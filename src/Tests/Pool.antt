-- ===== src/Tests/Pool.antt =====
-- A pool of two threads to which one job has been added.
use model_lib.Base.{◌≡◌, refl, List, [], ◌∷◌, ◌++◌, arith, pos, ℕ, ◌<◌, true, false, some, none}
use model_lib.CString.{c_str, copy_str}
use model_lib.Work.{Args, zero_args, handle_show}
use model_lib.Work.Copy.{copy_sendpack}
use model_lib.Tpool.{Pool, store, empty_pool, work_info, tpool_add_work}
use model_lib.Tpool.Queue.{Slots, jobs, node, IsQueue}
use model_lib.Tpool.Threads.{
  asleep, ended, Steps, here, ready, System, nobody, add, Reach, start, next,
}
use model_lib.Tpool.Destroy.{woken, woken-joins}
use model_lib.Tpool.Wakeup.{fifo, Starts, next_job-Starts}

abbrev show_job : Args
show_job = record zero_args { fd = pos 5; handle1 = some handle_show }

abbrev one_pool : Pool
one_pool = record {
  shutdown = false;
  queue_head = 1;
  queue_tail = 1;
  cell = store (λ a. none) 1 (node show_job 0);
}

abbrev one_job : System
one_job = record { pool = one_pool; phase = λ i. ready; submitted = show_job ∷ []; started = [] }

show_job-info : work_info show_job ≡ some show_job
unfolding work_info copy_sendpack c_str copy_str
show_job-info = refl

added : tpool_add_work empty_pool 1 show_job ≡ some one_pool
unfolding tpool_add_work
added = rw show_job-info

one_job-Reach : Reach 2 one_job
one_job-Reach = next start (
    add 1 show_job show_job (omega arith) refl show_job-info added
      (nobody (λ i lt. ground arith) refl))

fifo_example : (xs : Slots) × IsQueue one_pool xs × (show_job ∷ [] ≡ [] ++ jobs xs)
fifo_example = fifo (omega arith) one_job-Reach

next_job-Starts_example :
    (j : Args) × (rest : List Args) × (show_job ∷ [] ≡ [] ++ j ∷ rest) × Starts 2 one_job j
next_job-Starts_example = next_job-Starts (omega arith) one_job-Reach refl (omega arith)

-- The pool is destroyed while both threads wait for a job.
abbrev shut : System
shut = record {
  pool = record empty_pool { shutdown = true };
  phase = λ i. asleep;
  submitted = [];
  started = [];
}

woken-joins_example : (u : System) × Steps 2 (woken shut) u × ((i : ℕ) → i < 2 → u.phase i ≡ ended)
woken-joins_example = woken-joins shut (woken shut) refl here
- - - -
» YOUR GOAL:
All of the data above must be repeated exactly.

» SOLUTION TO THE EXERCISE:
filename src/Tests/Pool.antt
-- ===== src/Tests/Pool.antt =====
-- A pool of two threads to which one job has been added.
use model_lib.Base.{◌≡◌, refl, List, [], ◌∷◌, ◌++◌, arith, pos, ℕ, ◌<◌, true, false, some, none}
use model_lib.CString.{c_str, copy_str}
use model_lib.Work.{Args, zero_args, handle_show}
use model_lib.Work.Copy.{copy_sendpack}
use model_lib.Tpool.{Pool, store, empty_pool, work_info, tpool_add_work}
use model_lib.Tpool.Queue.{Slots, jobs, node, IsQueue}
use model_lib.Tpool.Threads.{
  asleep, ended, Steps, here, ready, System, nobody, add, Reach, start, next,
}
use model_lib.Tpool.Destroy.{woken, woken-joins}
use model_lib.Tpool.Wakeup.{fifo, Starts, next_job-Starts}

abbrev show_job : Args
show_job = record zero_args { fd = pos 5; handle1 = some handle_show }

abbrev one_pool : Pool
one_pool = record {
  shutdown = false;
  queue_head = 1;
  queue_tail = 1;
  cell = store (λ a. none) 1 (node show_job 0);
}

abbrev one_job : System
one_job = record { pool = one_pool; phase = λ i. ready; submitted = show_job ∷ []; started = [] }

show_job-info : work_info show_job ≡ some show_job
unfolding work_info copy_sendpack c_str copy_str
show_job-info = refl

added : tpool_add_work empty_pool 1 show_job ≡ some one_pool
unfolding tpool_add_work
added = rw show_job-info

one_job-Reach : Reach 2 one_job
one_job-Reach = next start (
    add 1 show_job show_job (omega arith) refl show_job-info added
      (nobody (λ i lt. ground arith) refl))

fifo_example : (xs : Slots) × IsQueue one_pool xs × (show_job ∷ [] ≡ [] ++ jobs xs)
fifo_example = fifo (omega arith) one_job-Reach

next_job-Starts_example :
    (j : Args) × (rest : List Args) × (show_job ∷ [] ≡ [] ++ j ∷ rest) × Starts 2 one_job j
next_job-Starts_example = next_job-Starts (omega arith) one_job-Reach refl (omega arith)

-- The pool is destroyed while both threads wait for a job.
abbrev shut : System
shut = record {
  pool = record empty_pool { shutdown = true };
  phase = λ i. asleep;
  submitted = [];
  started = [];
}

woken-joins_example : (u : System) × Steps 2 (woken shut) u × ((i : ℕ) → i < 2 → u.phase i ≡ ended)
woken-joins_example = woken-joins shut (woken shut) refl here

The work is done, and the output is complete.